Однажды я составил антологию фантастической литературы. Не исключаю, что именно ее среди немногих избранниц спасет когда-нибудь новый Ной от нового потопа, но тем более должен признать свою вину: я не включил в нее непредсказуемых и несравненных мастеров жанра – Парменида и Платона, Иоанна Скота Эриугену и Альберта Великого, Спинозу и Лейбница, Канта и Френсиса Бредли. Чего, в самом деле, стоят все чудеса Уэллса либо Эдгара Аллана По – цветок, принесенный из будущего, или подчиняющийся гипнозу мертвец – рядом с изобретением Бога, кропотливой теорией существа, которое едино в трех лицах и одиноко пребывает вне времени? Что значит камень безоар рядом с предустановленной гармонией? Кто такой единорог перед Троицей, а Луций Апулея – перед множащимися Буддами Большой Колесницы? И что такое ночи Шахерезады в сравнении с одним доводом Беркли? Итак,я воздал должное многовековому созиданию Бога, но Ад и Рай (бесконечная награда и бесконечная кара) – не менее чудесные и ошеломляющие свидетельства человеческого воображения.
Богословы называют Раем место вечного блаженства и радости, предупреждая, что адским мукам доступ сюда закрыт. Четвертая глава рецензируемой книги с полным основанием стирает эту границу. И Ад, и Рай, утверждает автор, – это не точки в пространстве, а предельные состояния души. Таково же мнение Андре Жида («Дневник», с.677), говорящего о внутреннем Аде, открытом, впрочем, уже в строке Мильтона: «Which way I fly is Hell? myself is Hell»
.
Отчасти о том же пишет и Сведенборг, чьи безупречные души предпочитают пещеры и топи непереносимому для них сиянию Рая. Уэзерхед отстаивает мысль о единой и разнородной запредельности, которая, смотря по наклонностям души, может быть Адом, а может – Раем.

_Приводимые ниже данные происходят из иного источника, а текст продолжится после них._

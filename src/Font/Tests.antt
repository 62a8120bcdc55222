-- ===== src/Font/Tests.antt =====
-- Runs of the lookup of a font.
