-- ===== src/Preconv.antt =====
-- preconv.c: the conversion of 8-bit input to roff(7) Unicode escapes, and the character loop of
-- `mparse_buf_r` in read.c that calls it. The input is the list of the bytes from `ib->buf + *ii`
-- to the end of the buffer. A read behind that end has an outcome of its own, `overread`.
-- Masks and shifts of a byte are written as `%` and `/` by powers of two.

pub mod Utf8
pub mod Sound
pub mod Text
pub mod Line
pub mod Cue
mod Tests
use mandoc_mirror.Prelude.{
  ℕ, zero, suc, ◌+◌, ◌-◌, ◌*◌, ◌/◌, ◌%◌, ◌^◌, Bool, true, false, not, ◌&&◌, ◌||◌, Option, none,
  some, List, [], ◌∷◌, ◌++◌, ltb, leb, ◌==◌, if◌then◌else◌, Bytes, codes, peek, next, length, drop,
  has_prefix, has_prefix_nocase,
}

-- `*filenc`: whether the input may still turn out to be UTF-8, and ISO-8859-1.
pub record FileEnc : Type 0 where
  pub utf8 : Bool
  pub latin1 : Bool

pub data Encoded : Type 0 where
  -- return 1: the bytes appended to `ob`, the input left, and `*filenc`
  encoded : Bytes → Bytes → FileEnc → Encoded
  -- return 0
  refused : Encoded
  -- a byte behind the end of the buffer was read
  overread : Encoded

abbrev pub hex_digit : ℕ → ℕ
hex_digit d = if ltb d 10 then b'0' + d else b'A' + (d - 10)

-- The digits of a number below `16 ^ fuel`, in front of `acc`.
pub hex_onto : ℕ → ℕ → Bytes → Bytes
hex_onto zero n acc = acc
hex_onto (suc fuel) n acc =
    let rest = hex_onto fuel (n / 16) (hex_digit (n % 16) ∷ acc) in
    if ltb n 16 then hex_digit n ∷ acc else rest

abbrev pad_zeros : Bytes → Bytes
pad_zeros (a ∷ b ∷ c ∷ d ∷ s) = a ∷ b ∷ c ∷ d ∷ s
pad_zeros (a ∷ b ∷ c ∷ []) = b'0' ∷ a ∷ b ∷ c ∷ []
pad_zeros (a ∷ b ∷ []) = b'0' ∷ b'0' ∷ a ∷ b ∷ []
pad_zeros (a ∷ []) = b'0' ∷ b'0' ∷ b'0' ∷ a ∷ []
pad_zeros [] = b'0' ∷ b'0' ∷ b'0' ∷ b'0' ∷ []

-- `snprintf(..., "\\[u%.4X]", u)`: an unsigned int has at most 8 hexadecimal digits.
unfoldable pub unicode_escape : ℕ → Bytes
unfolding hex_onto
unicode_escape u = b'\\' ∷ b'[' ∷ b'u' ∷ (pad_zeros (hex_onto 8 u []) ++ (b']' ∷ []))

-- `while (nby < 5 && *cu & (1 << (7 - nby))) nby++`, with the rounds left.
pub count_bits : ℕ → ℕ → ℕ → ℕ
count_bits zero c nby = nby
count_bits (suc rounds) c nby =
    let more = count_bits rounds c (nby + 1) in
    if ltb nby 5 && (c / 2 ^ (7 - nby)) % 2 == 1 then more else nby

-- `nby` for the first byte of a sequence
unfoldable pub sequence_length : ℕ → ℕ
unfolding count_bits
sequence_length c = count_bits 4 c 1

-- The first switch: the bits of the header; `none` is `goto latin`.
unfoldable pub header_bits : ℕ → ℕ → Option ℕ
header_bits nby c =
    if nby == 2
    then (if ltb (c % 32) 2 then none else some (c % 32))
    else if nby == 3
    then some (c % 16)
    else if nby == 4
    then (if ltb 4 (c % 8) then none else some (c % 8))
    else none

-- The second switch: whether the second byte `c` shows an overlong sequence, a surrogate or a
-- number beyond Unicode. Only the cases 3 and 4 read that byte.
unfoldable pub bad_second : ℕ → ℕ → ℕ → Bool
bad_second nby accum c =
    if nby == 3
    then (accum == 0 && (c / 32) % 2 == 0) || (accum == 13 && (c / 32) % 2 == 1)
    else if nby == 4
    then (accum == 0 && (c / 16) % 4 == 0) || (accum == 4 && not ((c / 16) % 4 == 0))
    else false

pub data Continued : Type 0 where
  complete : ℕ → Bytes → Continued
  invalid : Continued
  truncated : Continued

-- `while (--nby)`, with the rounds left
unfoldable pub continuation : ℕ → ℕ → Bytes → Continued
continuation zero accum cu = complete accum cu
continuation (suc n) accum [] = truncated
continuation (suc n) accum (c ∷ cu) =
    let more = continuation n (accum * 64 + c % 64) cu in
    if not ((c / 64) % 4 == 2) then invalid else more

-- the label `latin`
unfoldable pub encode_latin : FileEnc → ℕ → Bytes → Encoded
encode_latin filenc c cu =
    if not filenc.latin1
    then refused
    else encoded (unicode_escape c) cu (record filenc { utf8 = false })

-- behind the second switch
unfoldable pub encode_rest : FileEnc → ℕ → Bytes → Continued → Encoded
encode_rest filenc c cu (complete accum rest) =
    encoded (unicode_escape accum) rest (record filenc { latin1 = false })
encode_rest filenc c cu invalid = encode_latin filenc c cu
encode_rest filenc c cu truncated = overread

-- behind `cu++`, where `cu` is the input from the second byte on
unfoldable pub encode_second : FileEnc → ℕ → Bytes → ℕ → Option ℕ → Encoded
unfolding encode_rest
encode_second filenc c cu nby none = encode_latin filenc c cu
encode_second filenc c [] nby (some accum) = overread
encode_second filenc c (d ∷ cu) nby (some accum) =
    if bad_second nby accum d
    then encode_latin filenc c (d ∷ cu)
    else encode_rest filenc c (d ∷ cu) (continuation (nby - 1) accum (d ∷ cu))

-- `preconv_encode` at an input that begins with the byte `c`, which has the high bit set.
unfoldable pub encode : FileEnc → ℕ → Bytes → Encoded
unfolding encode_second
encode filenc c cu =
    if not filenc.utf8
    then encode_latin filenc c cu
    else encode_second filenc c cu (sequence_length c) (header_bits (sequence_length c) c)

-- One run of the character loop of `mparse_buf_r`.
pub data LineRead : Type 0 where
  -- the bytes put into `ln`, the input behind the line, and `curp->filenc`
  line : Bytes → Bytes → FileEnc → LineRead
  line_overread : LineRead
  out_of_fuel : LineRead

-- `c == 0x7f || (c < 0x20 && c != 0x09)`
abbrev pub is_control : ℕ → Bool
is_control c = c == 0x7f || (ltb c 0x20 && not (c == 0x09))

-- `curp->filenc && preconv_encode(...)`, at the byte `c` with the high bit set
unfoldable pub encode_if : FileEnc → ℕ → Bytes → Encoded
encode_if e c cs = if e.utf8 || e.latin1 then encode e c cs else refused

-- One round, at the byte `c`, where the loop goes on by `again`. `start`: the input is the file
-- itself and not the text of a macro, which ends at a NUL.
unfoldable pub read_byte :
    Bool → FileEnc → Bytes → ℕ → Bytes → (FileEnc → Bytes → Bytes → LineRead) → LineRead
read_byte start e out c cs again =
    if not start && c == 0
    then line out (c ∷ cs) e
    else if c == b'\r' && peek cs == b'\n'
    then line out (next cs) e
    else if c == b'\n'
    then line out cs e
    else if leb 0x80 c
    then (elim (encode_if e c cs) [
      | encoded text rest e' ↦ again e' (out ++ text) rest
      | refused ↦ again e (out ++ (b'?' ∷ [])) cs
      | overread ↦ line_overread
    ])
    else if is_control c
    then (if not (c == b'\r') then again e (out ++ (b'?' ∷ [])) cs else again e out cs)
    else again e (out ++ (c ∷ [])) cs

unfoldable pub read_line : ℕ → Bool → FileEnc → Bytes → Bytes → LineRead
read_line zero start e out cs = out_of_fuel
read_line (suc fuel) start e out [] = line out [] e
read_line (suc fuel) start e out (c ∷ cs) = read_byte start e out c cs (read_line fuel start)

-- What `preconv_cue` makes of an encoding that the file names after "coding:". The bytes are those
-- from `ln` on; `phsz` is the size of the phrase, its label included.
unfoldable pub cue_encoding : ℕ → Bytes → FileEnc
cue_encoding phsz ln =
    if ltb 4 phsz && has_prefix_nocase ln (codes "utf-8")
    then record { utf8 = true; latin1 = false }
    else if ltb 10 phsz && has_prefix_nocase ln (codes "iso-latin-1")
    then record { utf8 = false; latin1 = true }
    else record { utf8 = false; latin1 = false }

abbrev pub undecided : FileEnc
undecided = record { utf8 = true; latin1 = true }

-- The size of the phrase at `ln`: up to and with the semicolon, or up to the trailer, which is `sz`
-- bytes ahead.
unfoldable pub phrase_size : ℕ → Bytes → ℕ
phrase_size zero ln = 0
phrase_size (suc sz) [] = suc sz
phrase_size (suc sz) (c ∷ ln) = let more = phrase_size sz ln in if c == b';' then 1 else suc more

-- `while (sz > 0 && ' ' == *ln)`: what is left of `sz` and `ln`
unfoldable pub skip_blanks : ℕ → Bytes → ℕ × Bytes
skip_blanks zero ln = (0, ln)
skip_blanks (suc sz) [] = (suc sz, [])
skip_blanks (suc sz) (c ∷ ln) =
    let more = skip_blanks sz ln in if c == b' ' then more else (suc sz, c ∷ ln)

-- One round of the loop over the phrases of the header, where `again` is the loop.
unfoldable pub cue_phrase : ℕ → Bytes → (ℕ → Bytes → Option FileEnc) → Option FileEnc
unfolding skip_blanks phrase_size cue_encoding
cue_phrase sz ln again =
    let phsz = phrase_size sz ln in
    let (sz', ln') = skip_blanks (sz - 7) (drop 7 ln) in
    if sz == 0
    then some undecided
    else if ltb phsz 7 || not (has_prefix_nocase ln (codes "coding:"))
    then again (sz - phsz) (drop phsz ln)
    else if sz' == 0
    then some (record { utf8 = false; latin1 = false })
    else some (cue_encoding phsz ln')

-- `none` means that the fuel ran out.
unfoldable pub cue_phrases : ℕ → ℕ → Bytes → Option FileEnc
unfolding cue_phrase
cue_phrases zero sz ln = none
cue_phrases (suc fuel) sz ln =
    let (sz', ln') = skip_blanks sz ln in cue_phrase sz' ln' (cue_phrases fuel)

-- The bytes up to the newline or the end of the buffer.
unfoldable pub first_line : Bytes → Bytes
first_line [] = []
first_line (c ∷ cs) = if c == b'\n' then [] else c ∷ first_line cs

-- `preconv_cue`, at the bytes from `b->buf + offset` to the end of the buffer.
unfoldable pub cue : Bytes → Option FileEnc
unfolding first_line cue_phrases
cue buf =
    let sz = length (first_line buf) in
    if ltb sz 10
      || not (has_prefix buf (codes ".\\\" -*-"))
      || not (has_prefix (drop (sz - 3) buf) (codes "-*-"))
    then some undecided
    else cue_phrases sz (sz - 10) (drop 7 buf)
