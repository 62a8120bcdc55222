-- ===== src/Preconv/Cue.antt =====
-- `preconv_cue` ends on every input.
use mandoc_mirror.Prelude.{
  ℕ, zero, suc, ◌-◌, ◌≤◌, ◌<◌, ◌≡◌, refl, Bool, not, ◌||◌, Option, some, none, [], ◌∷◌, arith,
  pos_of_ne_zero, false, has_prefix, Bytes, Bool-cases, ltb, ◌==◌, if_both, inl, inr, length, drop,
  codes, has_prefix_nocase,
}
use mandoc_mirror.Preconv.{
  FileEnc, cue_encoding, phrase_size, skip_blanks, cue_phrase, cue_phrases, first_line, cue,
}

abbrev Succeeds : Option FileEnc → Type 0
Succeeds (some e) = Unit {0}
Succeeds none = ⊥

le-skip_blanks : (sz : ℕ) (ln : Bytes) → (skip_blanks sz ln).0 ≤ sz
unfolding skip_blanks
le-skip_blanks zero ln = omega arith
le-skip_blanks (suc sz) [] = omega arith
le-skip_blanks (suc sz) (c ∷ ln) = ground (arith, le-skip_blanks sz ln)

phrase_size_pos : (sz : ℕ) (ln : Bytes) → 0 < sz → 0 < phrase_size sz ln
unfolding phrase_size
phrase_size_pos zero ln h = h
phrase_size_pos (suc sz) [] h = omega arith
phrase_size_pos (suc sz) (c ∷ ln) h = ground arith

cue_phrase-Succeeds :
    (sz : ℕ) (ln : Bytes) (again : ℕ → Bytes → Option FileEnc)
    → ((s : ℕ) (l : Bytes) → s < sz → Succeeds (again s l))
    → Succeeds (cue_phrase sz ln again)
unfolding cue_phrase
cue_phrase-Succeeds sz ln again h = elim (Bool-cases (sz == 0)) [
  | inl p ↦ simp p tt
  | inr p ↦
      simp p
        (elim (Bool-cases
          (ltb (phrase_size sz ln) 7 || not (has_prefix_nocase ln (codes "coding:")))) [
            | inl q ↦ simp q (
                h _ _
                  (omega (arith, phrase_size_pos sz ln (pos_of_ne_zero sz p), pos_of_ne_zero sz p)))
            | inr q ↦ simp q (
                if_both Succeeds {x = some (record { utf8 = false; latin1 = false })}
                  {y = some (cue_encoding (phrase_size sz ln) (skip_blanks (sz - 7) (drop 7 ln)).1)}
                  ((skip_blanks (sz - 7) (drop 7 ln)).0 == 0) (λ _. tt) (λ _. tt))
          ])
]

cue_phrases-Succeeds : (fuel sz : ℕ) (ln : Bytes) → sz < fuel → Succeeds (cue_phrases fuel sz ln)
unfolding cue_phrases
cue_phrases-Succeeds zero sz ln h = absurd (omega arith)
cue_phrases-Succeeds (suc fuel) sz ln h =
    cue_phrase-Succeeds (skip_blanks sz ln).0 (skip_blanks sz ln).1 (cue_phrases fuel)
      λ s l k. cue_phrases-Succeeds fuel s l (omega (arith, le-skip_blanks sz ln))

-- The search for an encoding in the first line of a file ends, and answers, on every input.
pub cue-IsSome : (buf : Bytes) → (e : FileEnc) × (cue buf ≡ some e)
unfolding cue
cue-IsSome buf = take_out (cue buf) (elim (Bool-cases (ltb sz 10 || not header || not trailer)) [
  | inl p ↦ simp p tt
  | inr p ↦ simp p (cue_phrases-Succeeds sz (sz - 10) (drop 7 buf) (large sz header trailer p))
])
  where
    sz : ℕ
    sz = length (first_line buf)

    header : Bool
    header = has_prefix buf (codes ".\\\" -*-")

    trailer : Bool
    trailer = has_prefix (drop (sz - 3) buf) (codes "-*-")

    take_out : (o : Option FileEnc) → Succeeds o → (e : FileEnc) × (o ≡ some e)
    take_out (some e) h = (e, refl)
    take_out none h = absurd h

    large : (n : ℕ) (a b : Bool) → (ltb n 10 || not a || not b) ≡ false → n - 10 < n
    large n a b h = ground arith
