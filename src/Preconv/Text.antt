-- ===== src/Preconv/Text.antt =====
-- The text that `preconv_encode` prints.
use mandoc_mirror.Prelude.{
  ℕ, ◌+◌, ◌*◌, ◌/◌, ◌%◌, ◌≤◌, ◌<◌, ◌≡◌, ◌⊎◌, inl, inr, [], ◌∷◌, ◌++◌, arith, ltb, Bytes, zero, suc,
  Bool-cases, length, length-append,
}
use mandoc_mirror.Preconv.{pad_zeros, hex_digit, hex_onto, unicode_escape}

-- The bytes that mandoc(1) lets through: printable ASCII, and the tab.
abbrev pub IsClean : Bytes → Type 0
IsClean [] = Unit {0}
IsClean (c ∷ cs) = (((0x20 ≤ c) × (c < 0x7f)) ⊎ (c ≡ 9)) × IsClean cs

pub IsClean-append : (a b : Bytes) → IsClean a → IsClean b → IsClean (a ++ b)
IsClean-append [] b p q = q
IsClean-append (c ∷ a) b p q = (p.0, IsClean-append a b p.1 q)

hex_onto-IsClean : (fuel n : ℕ) (acc : Bytes) → IsClean acc → IsClean (hex_onto fuel n acc)
unfolding hex_onto
hex_onto-IsClean zero n acc h = h
hex_onto-IsClean (suc fuel) n acc h = elim (Bool-cases (ltb n 16)) [
  | inl p ↦ rw p (ground arith, h)
  | inr p ↦ rw p (hex_onto-IsClean fuel (n / 16) (hex_digit (n % 16) ∷ acc) (ground arith, h))
]

pad_zeros-IsClean : (s : Bytes) → IsClean s → IsClean (pad_zeros s)
pad_zeros-IsClean [] h = omega arith
pad_zeros-IsClean (a ∷ []) h = (omega arith, (omega arith, (omega arith, h)))
pad_zeros-IsClean (a ∷ b ∷ []) h = (omega arith, (omega arith, h))
pad_zeros-IsClean (a ∷ b ∷ c ∷ []) h = (omega arith, h)
pad_zeros-IsClean (a ∷ b ∷ c ∷ d ∷ s) h = h

pub unicode_escape-IsClean : (u : ℕ) → IsClean (unicode_escape u)
unfolding unicode_escape
unicode_escape-IsClean u = (
  omega arith,
  (
    omega arith,
    (
      omega arith,
      IsClean-append (pad_zeros (hex_onto 8 u [])) (b']' ∷ [])
          (pad_zeros-IsClean _ (hex_onto-IsClean 8 u [] tt)) (omega arith),
    ),
  ),
)

length-pad_zeros : (s : Bytes) → length s ≤ 6 → length (pad_zeros s) ≤ 6
length-pad_zeros [] h = omega arith
length-pad_zeros (a ∷ []) h = omega arith
length-pad_zeros (a ∷ b ∷ []) h = omega arith
length-pad_zeros (a ∷ b ∷ c ∷ []) h = omega arith
length-pad_zeros (a ∷ b ∷ c ∷ d ∷ s) h = h

-- 16 to the power of `k + 1`
abbrev hex_limit : ℕ → ℕ
hex_limit zero = 16
hex_limit (suc k) = 16 * hex_limit k

length-hex_onto :
    (fuel n k : ℕ) (acc : Bytes)
    → n < hex_limit k
    → length (hex_onto fuel n acc) ≤ suc k + length acc
unfolding hex_onto
length-hex_onto zero n k acc h = omega arith
length-hex_onto (suc fuel) n zero acc h = elim (Bool-cases (ltb n 16)) [
  | inl q ↦ rw q (omega arith)
  | inr q ↦ absurd (ground arith)
]
length-hex_onto (suc fuel) n (suc k) acc h = elim (Bool-cases (ltb n 16)) [
  | inl q ↦ rw q (omega arith)
  | inr q ↦
      rw q (omega (arith, length-hex_onto fuel (n / 16) k (hex_digit (n % 16) ∷ acc) (omega arith)))
]

-- The escape of a Unicode code point takes at most 10 bytes, so that the 11 bytes given to
-- `snprintf` hold it with its NUL.
pub length-unicode_escape : (u : ℕ) → u < 0x110000 → length (unicode_escape u) ≤ 10
unfolding unicode_escape
length-unicode_escape u h = omega (
  arith,
  length-append {0} (pad_zeros (hex_onto 8 u [])) (b']' ∷ []),
  length-pad_zeros (hex_onto 8 u []) (omega (arith, length-hex_onto 8 u 5 [] (omega arith))),
)
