-- ===== src/Preconv/Line.antt =====
-- The character loop of `mparse_buf_r`: it ends, and lets no other byte through.
use mandoc_mirror.Prelude.{
  ℕ, ◌+◌, ◌*◌, ◌/◌, ◌%◌, ◌<◌, ◌≡◌, inl, inr, false, not, ◌&&◌, ◌||◌, Bool, [], ◌∷◌, ◌++◌, arith,
  none, some, leb, ◌==◌, Bytes, zero, suc, Bool-cases, if_both, length, true, Suffix, length-Suffix,
  peek, Option, ◌-◌,
}
use mandoc_mirror.Preconv.{
  FileEnc, Encoded, encoded, refused, overread, Continued, complete, invalid, truncated,
  continuation, encode_latin, encode_rest, encode_second, encode, LineRead, line, line_overread,
  out_of_fuel, is_control, encode_if, read_byte, read_line, bad_second,
}
use mandoc_mirror.Preconv.Text.{IsClean, IsClean-append, unicode_escape-IsClean}

-- Whether the last byte has the high bit set
abbrev pub wide_end : Bytes → Bool
wide_end [] = false
wide_end (c ∷ []) = leb 0x80 c
wide_end (c ∷ d ∷ v) = wide_end (d ∷ v)

wide_end-cons : (c : ℕ) (v : Bytes) → wide_end v ≡ true → wide_end (c ∷ v) ≡ true
wide_end-cons c [] h = cc
wide_end-cons c (d ∷ v) h = h

wide_end-Suffix : {w v : Bytes} → Suffix w v → wide_end w ≡ true → wide_end v ≡ true
wide_end-Suffix Suffix.here h = h
wide_end-Suffix {v = c ∷ v} (Suffix.there s) h = wide_end-cons c v (wide_end-Suffix s h)

-- What a call at the byte `c` in front of `cu` hands back is an end of what it was given, its text is
-- clean, and it reads behind the end only if the last byte has the high bit set.
abbrev IsGood : ℕ → Bytes → Encoded → Type 0
IsGood c cu (encoded out rest e) = IsClean out × Suffix rest cu
IsGood c cu refused = Unit {0}
IsGood c cu overread = wide_end (c ∷ cu) ≡ true

abbrev Shrinks : ℕ → Bytes → Continued → Type 0
Shrinks p cu (complete a rest) = Suffix rest cu
Shrinks p cu invalid = Unit {0}
Shrinks p cu truncated = wide_end (p ∷ cu) ≡ true

continuation-Shrinks :
    (n a p : ℕ) (cu : Bytes) → leb 0x80 p ≡ true → Shrinks p cu (continuation n a cu)
unfolding continuation
continuation-Shrinks zero a p cu h = Suffix.here
continuation-Shrinks (suc n) a p [] h = h
continuation-Shrinks (suc n) a p (c ∷ cu) h = elim (Bool-cases ((c / 64) % 4 == 2)) [
  | inr q ↦ rw q tt
  | inl q ↦ rw q (
      wider (continuation n (a * 64 + c % 64) cu)
        (continuation-Shrinks n (a * 64 + c % 64) c cu (ground (arith, q))))
]
  where
    wider : (r : Continued) → Shrinks c cu r → Shrinks p (c ∷ cu) r
    wider (complete b rest) k = Suffix.there k
    wider invalid k = tt
    wider truncated k = k

encode_latin-IsGood : (e : FileEnc) (c : ℕ) (cu : Bytes) → IsGood c cu (encode_latin e c cu)
unfolding encode_latin
encode_latin-IsGood e c cu = elim (Bool-cases e.latin1) [
  | inl p ↦ rw p (unicode_escape-IsClean c, Suffix.here)
  | inr p ↦ rw p tt
]

encode_rest-IsGood :
    (e : FileEnc) (c : ℕ) (cu : Bytes) (r : Continued)
    → Shrinks c cu r
    → IsGood c cu (encode_rest e c cu r)
unfolding encode_rest
encode_rest-IsGood e c cu (complete a rest) h = (unicode_escape-IsClean a, h)
encode_rest-IsGood e c cu invalid h = encode_latin-IsGood e c cu
encode_rest-IsGood e c cu truncated h = h

encode_second-IsGood :
    (e : FileEnc) (c : ℕ) (cu : Bytes) (nby : ℕ) (o : Option ℕ)
    → leb 0x80 c ≡ true
    → IsGood c cu (encode_second e c cu nby o)
unfolding encode_second
encode_second-IsGood e c cu nby none w = encode_latin-IsGood e c cu
encode_second-IsGood e c [] nby (some a) w = w
encode_second-IsGood e c (d ∷ cu) nby (some a) w = elim (Bool-cases (bad_second nby a d)) [
  | inl p ↦ rw p (encode_latin-IsGood e c (d ∷ cu))
  | inr p ↦ rw p (encode_rest-IsGood e c (d ∷ cu) _ (continuation-Shrinks (nby - 1) a c (d ∷ cu) w))
]

encode_if-IsGood :
    (e : FileEnc) (c : ℕ) (cu : Bytes) → leb 0x80 c ≡ true → IsGood c cu (encode_if e c cu)
unfolding encode_if encode
encode_if-IsGood e c cu w = elim (Bool-cases (e.utf8 || e.latin1)) [
  | inr p ↦ simp p tt
  | inl p ↦ simp p (elim (Bool-cases e.utf8) [
    | inl q ↦ simp q (encode_second-IsGood e c cu _ _ w)
    | inr q ↦ simp q (encode_latin-IsGood e c cu)
  ])
]

-- The line that is read of `cs` is clean, the run has enough fuel, and it reads behind the end only if the
-- last byte has the high bit set.
abbrev pub IsCleanLine : Bytes → LineRead → Type 0
IsCleanLine cs (line out rest e) = IsClean out
IsCleanLine cs line_overread = wide_end cs ≡ true
IsCleanLine cs out_of_fuel = ⊥

IsCleanLine-Suffix : {w v : Bytes} (r : LineRead) → Suffix w v → IsCleanLine w r → IsCleanLine v r
IsCleanLine-Suffix (line out rest e) s h = h
IsCleanLine-Suffix line_overread s h = wide_end-Suffix s h
IsCleanLine-Suffix out_of_fuel s h = h

plain_byte : (c : ℕ) → leb 0x80 c ≡ false → is_control c ≡ false → IsClean (c ∷ [])
plain_byte c h k = ground arith

-- What the loop does at a byte with the high bit set, where it goes on by `again`.
wide-IsCleanLine :
    (e : FileEnc) (c : ℕ) (out cs : Bytes) (again : FileEnc → Bytes → Bytes → LineRead)
    (r : Encoded)
    → ((e : FileEnc) (out rest : Bytes)
        → Suffix rest cs
        → IsClean out
        → IsCleanLine (c ∷ cs) (again e out rest))
    → IsClean out
    → IsGood c cs r
    → IsCleanLine (c ∷ cs) (elim r [
      | encoded text rest e' ↦ again e' (out ++ text) rest
      | refused ↦ again e (out ++ (b'?' ∷ [])) cs
      | overread ↦ line_overread
    ])
wide-IsCleanLine e c out cs again (encoded text rest e') h k g =
    h e' (out ++ text) rest g.1 (IsClean-append out text k g.0)
wide-IsCleanLine e c out cs again refused h k g =
    h e (out ++ (b'?' ∷ [])) cs Suffix.here (IsClean-append out _ k (omega arith))
wide-IsCleanLine e c out cs again overread h k g = g

read_byte-IsCleanLine :
    (start : Bool) (e : FileEnc) (out : Bytes) (c : ℕ) (cs : Bytes)
    (again : FileEnc → Bytes → Bytes → LineRead)
    → ((e : FileEnc) (out rest : Bytes)
        → Suffix rest cs
        → IsClean out
        → IsCleanLine (c ∷ cs) (again e out rest))
    → IsClean out
    → IsCleanLine (c ∷ cs) (read_byte start e out c cs again)
unfolding read_byte
read_byte-IsCleanLine start e out c cs again h k = elim (Bool-cases (not start && c == 0)) [
  | inl p ↦ simp p k
  | inr p ↦ simp p (elim (Bool-cases (c == b'\r' && peek cs == b'\n')) [
    | inl q ↦ simp q k
    | inr q ↦ simp q (elim (Bool-cases (c == b'\n')) [
      | inl r ↦ simp r k
      | inr r ↦ simp r (elim (Bool-cases (leb 0x80 c)) [
        | inl s ↦
            simp s
              (wide-IsCleanLine e c out cs again (encode_if e c cs) h k (encode_if-IsGood e c cs s))
        | inr s ↦ simp s (elim (Bool-cases (is_control c)) [
          | inl t ↦ simp t (
              if_both (IsCleanLine (c ∷ cs)) {x = again e (out ++ (b'?' ∷ [])) cs}
                {y = again e out cs} (not (c == b'\r'))
                (λ _.
                  h e (out ++ (b'?' ∷ [])) cs Suffix.here (IsClean-append out _ k (omega arith)))
                (λ _. h e out cs Suffix.here k))
          | inr t ↦ simp t (
              h e (out ++ (c ∷ [])) cs Suffix.here
                (IsClean-append out (c ∷ []) k (plain_byte c s t)))
        ])
      ])
    ])
  ])
]

-- From a clean line buffer, with more fuel than there are bytes left, the loop ends. Every byte of the line
-- that it reads is printable ASCII or a tab, whatever bytes the input holds, and it reads behind
-- the end of the input, in place of returning a line, only if the last byte of that has the high
-- bit set.
pub read_line-IsClean :
    (fuel : ℕ) (start : Bool) (e : FileEnc) (out cs : Bytes)
    → length cs < fuel
    → IsClean out
    → IsCleanLine cs (read_line fuel start e out cs)
unfolding read_line
read_line-IsClean zero start e out cs h k = absurd (omega arith)
read_line-IsClean (suc fuel) start e out [] h k = k
read_line-IsClean (suc fuel) start e out (c ∷ cs) h k =
    read_byte-IsCleanLine start e out c cs (read_line fuel start)
      (λ e out rest s l.
        IsCleanLine-Suffix (read_line fuel start e out rest) (Suffix.there s)
          (read_line-IsClean fuel start e out rest (omega (arith, h, length-Suffix s)) l))
      k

Рай чуть ли не для каждого из нас означает блаженство. Но Батлер на исходе XIX века создал Рай, где вовсе не исключены неудачи (да и кто бы вынес беспрерывное счастье?); соответчтсвенно и в Аду нет ничего отталкивающего, разве что сны. Году в 1902-м Щоу оснастил Ад химерами эротики, самопожертвования, честолюбия и чистой вечной любви, перенеся в Рай способность понять мир («Man and Superman»
, действие третье).
Уэзерхед – писатель средний, почти никакой, он начитался душеспасительной словестности, и все же он чувствует, что слепое стремление к чистому и вечному блаженству по ту сторону смерти не менее смехотворно, чем по эту. Он пишет: «Высший идеал блаженства, называемого Раем, – это служение, безоглядное и добровольное соучастие в трудах Христовых. Служа другим душам в других мирах, мы, не исключено, хоть немного помогаем спасению своей собственной». И еще: «Мука Рая бездонна, и чем ближе мы к Богу в этом мире, тем глубже можем разделить Его жизнь в мире ином. А жизнь Бога – это мука. Он несет в сердце все грехи, все беды, все страдания мира. И пока на земле есть хоть один грешник, в Раю не может царить блаженство». (Оригену, который учмл о конечном единении Творца со всею тварью, включая бесов, этот сон уже снился.)
Не знаю, что думают об этих полутеософских догадках читатель. Католики (имею в виду аргентинцев) верят в мир иной, но, насколько я заметил, не интересуются им. Я – напротив: интересуюсь, но не верю.